DynamoDB trivia: reads throttled but under capacity

I get woken up to an alert about read capacity on one of my DynamoDB tables. Here is the error being logged.

ProvisionedThroughputExceededException: The level of configured provisioned throughput for the table was exceeded. Consider increasing your provisioning level with the UpdateTable API.

When I load my CloudWatch graphs, and it appears I’m well below capacity.

Two graphs: dynamodb read capacity and dynamodb throttled requests — Cloudwatch graph of DynamoDB metrics.

These graphs show consumed capacity (blue on the left) well below provisioned capacity (red on the left), while our throttled requests spike for a bit then go down.

Our first thought is that DynamoDB is doing something wrong. Maybe it had an issue at that time. Before I go on, try to think and see if you can brainstorm what the issue was.

DynamoDB partitions items across a cluster. If you reserve capacity, you’re reserving capacity for the entire cluster assuming uniform distribution of reads. For example, if you want a capacity of 20,000 reads per second and the cluster happens to exist on 10 nodes, you could expect around 2,000 reads per second on a single node.

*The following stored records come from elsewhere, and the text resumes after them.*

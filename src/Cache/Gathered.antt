-- ===== src/Cache/Gathered.antt =====
-- A round of the loop of `flushBlocks` in client_src/cache.cpp, and its inner loop over the valid
-- ranges of a block.
use net_fs.Prelude.{
  ℕ, ◌+◌, ◌-◌, ◌*◌, ◌<◌, ◌≤◌, List, [], ◌∷◌, length, take, drop, get_elem?, get_elem?-append,
  get_elem?-take, get_elem?-drop, length-take, length-drop, length-append, Option, none, ◌==◌, leb,
  ltb, ==_iff, str_eq, ◌&&◌, true, false, if◌then◌else◌, wrap64, ok, ◌>>=◌, ◌≡◌, ◌⊎◌, refl, sym, ap,
  ◌∙◌, arith, Bool-cases, inl, inr,
}
use net_fs.Range.{Range}
use net_fs.Range.Sorted.{covers}
use net_fs.Range.Merge.{From}
use net_fs.Range.Overlay.{Within}
use net_fs.Cache.Entry.{CacheEntry}
use net_fs.Cache.State.{Backend}
use net_fs.Cache.Span.{in_span}
use net_fs.Cache.Flush.{Flushing, flush_round, flush_ranges}
use net_fs.Cache.Gather.{
  Refused, Stores, Ready, Reaches, pending, Added, write_back_lem, round_first, round_next,
  round_apart, round_failed,
}

-- The bytes of the ranges of a block that starts at `base`, over those of before.
unfoldable pub with_ranges :
    List ℕ → CacheEntry → ℕ → List Range → (List ℕ → ℕ → Option ℕ) → List ℕ → ℕ → Option ℕ
with_ranges f entry base ranges old g pos =
    if str_eq f g && (leb base pos && covers ranges (pos - base))
    then get_elem? entry.content (pos - base)
    else old g pos

module _ {S : Type 0} (backend : Backend S) (bound : ℕ) (remote : S → List ℕ → ℕ → ℕ)
    (stores : Stores backend bound remote) (f : List ℕ) (block_size b : ℕ)
    (entry : CacheEntry) where
  -- One round adds the bytes of the range to what is pending, unless a write-back fails.
  flush_round_lem :
      (rg : Range) (start end : ℕ) (bytes : List ℕ) (fl : Flushing S)
      → wrap64 (rg.start + b * block_size) ≡ start
      → wrap64 (rg.end + b * block_size) ≡ end
      → take (rg.end - rg.start) (drop rg.start entry.content) ≡ bytes
      → start < end
      → end - start ≡ length bytes
      → end < bound
      → Ready bound fl
      → (code : ℕ) × (fl' : Flushing S) × (flush_round backend f block_size b entry rg fl
          ≡ ok (code, fl'))
        × (Refused backend code fl'.behind
            ⊎ ((code ≡ 0) × Added backend bound remote stores f fl fl' start bytes))
  unfolding pending
  flush_round_lem rg start end bytes fl at_start at_end is_bytes h len below
        (inl (none_yet, empty)) =
      (
        0,
        _,
        round_first backend bound remote stores f block_size b entry rg start end at_start at_end fl
            none_yet empty h,
        inr (
          refl,
          record {
            ready = inr (_, refl, h, below, len ∙ ap length (sym is_bytes));
            adds = λ g pos. rw (is_bytes, none_yet) refl;
          },
        ),
      )
  flush_round_lem rg start end bytes fl at_start at_end is_bytes h len below
        (inr (r, one, order, low, size)) =
      elim (Bool-cases (r.end == start)) [
        | inl meets ↦
            let e : r.end ≡ start = (==_iff r.end start).0 meets in
            (
              0,
              _,
              round_next backend bound remote stores f block_size b entry rg start end at_start
                  at_end fl r one order e h,
              inr (
                refl,
                record {
                  ready = inr (
                    _,
                    refl,
                    omega arith,
                    below,
                    rw is_bytes (omega (arith, length-append fl.gathered bytes)),
                  );
                  adds = λ g pos.
                      rw (is_bytes, one)
                        (ground (
                          arith,
                          length-append fl.gathered bytes,
                          get_elem?-append fl.gathered bytes (pos - r.start),
                        ));
                },
              ),
            )
        | inr apart ↦
            let (code, time, stale, s', run, called, effect) =
              write_back_lem backend bound remote stores f fl r one order low size in
            elim (Bool-cases (code == 0)) [
              | inl done ↦
                  let none_failed : code ≡ 0 = (==_iff code 0).0 done in
                  let fl₁ : Flushing S = record fl { time = time; stale = stale; behind = s' } in
                  (
                    0,
                    _,
                    round_apart backend bound remote stores f block_size b entry rg start end
                        at_start at_end fl fl₁ r one apart h
                        (run ∙ ap (λ (n : ℕ). ok (n, fl₁)) none_failed),
                    elim effect [
                      | inl failed ↦ absurd (failed none_failed)
                      | inr stored ↦ inr (
                        refl,
                        record {
                          ready = inr (_, refl, h, below, len ∙ ap length (sym is_bytes));
                          adds = λ g pos. rw is_bytes (
                              ap
                                (λ (o : Option ℕ).
                                  if str_eq f g && in_span start (length bytes) pos
                                  then get_elem? bytes (pos - start)
                                  else o)
                                (stored g pos));
                        },
                      )
                    ],
                  )
              | inr failed ↦ (
                code,
                record fl { time = time; stale = stale; behind = s' },
                round_failed backend bound remote stores f block_size b entry rg start end at_start
                    at_end fl (record fl { time = time; stale = stale; behind = s' }) r code one
                    apart failed run,
                inl ((λ e. ground arith), called),
              )
            ]
      ]

  ranges_step :
      (base : ℕ) (rg : Range) (rs : List Range) (bytes : List ℕ) (old mid : List ℕ → ℕ → Option ℕ)
      (g : List ℕ) (pos : ℕ)
      → rg.start < rg.end
      → rg.end ≤ length entry.content
      → take (rg.end - rg.start) (drop rg.start entry.content) ≡ bytes
      → mid g pos ≡ (
          if str_eq f g && in_span (rg.start + base) (length bytes) pos
          then get_elem? bytes (pos - (rg.start + base))
          else old g pos)
      → with_ranges f entry base rs mid g pos ≡ with_ranges f entry base (rg ∷ rs) old g pos
  unfolding with_ranges covers
  ranges_step base rg rs bytes old mid g pos order fits is_bytes added =
      let len : length bytes ≡ rg.end - rg.start = omega (
        arith,
        ap length is_bytes,
        length-take (rg.end - rg.start) (drop rg.start entry.content),
        length-drop rg.start entry.content,
      ) in
      let cut =
        get_elem?-take (rg.end - rg.start) (drop rg.start entry.content)
          (pos - (rg.start + base)) in
      let moved = get_elem?-drop rg.start entry.content (pos - (rg.start + base)) in
      let value : get_elem? bytes (pos - (rg.start + base)) ≡ (
          if ltb (pos - (rg.start + base)) (rg.end - rg.start)
          then get_elem? entry.content (rg.start + (pos - (rg.start + base)))
          else none) =
        ap (λ xs. get_elem? xs (pos - (rg.start + base))) (sym is_bytes)
        ∙ ground (arith, cut, moved) in
      elim (Bool-cases (leb base pos && covers rs (pos - base))) [
        | inl later ↦ ground arith
        | inr not_later ↦ elim (Bool-cases (leb (rg.start + base) pos && ltb pos (rg.end + base))) [
          | inl here ↦
              let at : rg.start + (pos - (rg.start + base)) ≡ pos - base = ground arith in
              let value' =
                value
                ∙ ap
                    (λ (n : ℕ).
                      if ltb (pos - (rg.start + base)) (rg.end - rg.start)
                      then get_elem? entry.content n
                      else none)
                    at in
              ground arith
          | inr elsewhere ↦ ground arith
        ]
      ]

  ranges_go :
      (rg : Range) (rs : List Range) (fl fl₁ : Flushing S) (code : ℕ)
      → flush_round backend f block_size b entry rg fl ≡ ok (code, fl₁)
      → (code == 0) ≡ true
      → flush_ranges backend f block_size b entry (rg ∷ rs) fl
        ≡ flush_ranges backend f block_size b entry rs fl₁
  unfolding flush_ranges
  ranges_go rg rs fl fl₁ code run done = rw (run, ◌>>=◌, done) refl

  ranges_stop :
      (rg : Range) (rs : List Range) (fl fl₁ : Flushing S) (code : ℕ)
      → flush_round backend f block_size b entry rg fl ≡ ok (code, fl₁)
      → (code == 0) ≡ false
      → flush_ranges backend f block_size b entry (rg ∷ rs) fl ≡ ok (code, fl₁)
  unfolding flush_ranges
  ranges_stop rg rs fl fl₁ code run failed = rw (run, ◌>>=◌, failed) refl

  ranges_next :
      (base : ℕ) (rg : Range) (rs : List Range) (bytes : List ℕ) (fl : Flushing S)
      → rg.start < rg.end
      → rg.end ≤ length entry.content
      → take (rg.end - rg.start) (drop rg.start entry.content) ≡ bytes
      → (code : ℕ) × (fl₁ : Flushing S) × (flush_round backend f block_size b entry rg fl
          ≡ ok (code, fl₁))
        × (Refused backend code fl₁.behind
            ⊎ ((code ≡ 0) × Added backend bound remote stores f fl fl₁ (rg.start + base) bytes))
      → ((fl₁ : Flushing S)
          → Ready bound fl₁
          → Reaches backend bound remote f
              (flush_ranges backend f block_size b entry rs fl₁)
              (with_ranges f entry base rs (pending remote f fl₁)))
      → Reaches backend bound remote f
          (flush_ranges backend f block_size b entry (rg ∷ rs) fl)
          (with_ranges f entry base (rg ∷ rs) (pending remote f fl))
  ranges_next base rg rs bytes fl order fits is_bytes (code, fl₁, run, inl failed) next =
      (code, fl₁, ranges_stop rg rs fl fl₁ code run (ground arith), inl failed)
  ranges_next base rg rs bytes fl order fits is_bytes (code, fl₁, run, inr (done, added)) next =
      let (code', fl', run', effect) = next fl₁ added.ready in
      (
        code',
        fl',
        ranges_go rg rs fl fl₁ code run (ground arith) ∙ run',
        elim effect [
          | inl failed ↦ inl failed
          | inr (done', ready, all) ↦ inr (
            done',
            ready,
            λ g pos.
                all g pos
                ∙ ranges_step base rg rs bytes (pending remote f fl) (pending remote f fl₁) g pos
                    order fits is_bytes (added.adds g pos),
          )
        ],
      )

  -- The inner loop adds the valid bytes of the block to what is pending, unless a write-back fails.
  pub flush_ranges_lem :
      (base : ℕ) (ranges : List Range) (lo : ℕ) (fl : Flushing S)
      → b * block_size ≡ base
      → base + block_size < bound
      → length entry.content ≡ block_size
      → From lo ranges
      → Within block_size ranges
      → Ready bound fl
      → Reaches backend bound remote f
          (flush_ranges backend f block_size b entry ranges fl)
          (with_ranges f entry base ranges (pending remote f fl))
  unfolding with_ranges covers
  flush_ranges_lem base [] lo fl at_base fits whole order within ready =
      (0, fl, unfold flush_ranges in refl, inr (refl, ready, λ g pos. ground arith))
  flush_ranges_lem base (rg ∷ rs) lo fl at_base fits whole order within ready =
      let bytes : List ℕ = take (rg.end - rg.start) (drop rg.start entry.content) in
      let len = length-take (rg.end - rg.start) (drop rg.start entry.content) in
      let len' = length-drop rg.start entry.content in
      ranges_next base rg rs bytes fl order.1 (omega arith) refl
        (flush_round_lem rg (rg.start + base) (rg.end + base) bytes fl
          (omega (arith, stores.within)) (omega (arith, stores.within)) refl (omega arith)
          (omega arith) (omega arith) ready)
        (λ fl₁ ready₁.
          flush_ranges_lem base rs (rg.end + 1) fl₁ at_base fits whole order.2 within.1 ready₁)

In our case, we had a single item that happened to be hot. This hot item caused a large amount of traffic on a single DynamoDB node which caused us to get throttled. This case was rare enough that we resolved it with a special case cache in situations with increased use.

AWS has a support ticket specifically about this issue. You can currently expect a maximum of 3,000 read units per partition. The lesson here is if you are throttled well below your reserved capacity, double-check your request distribution to ensure it’s uniform.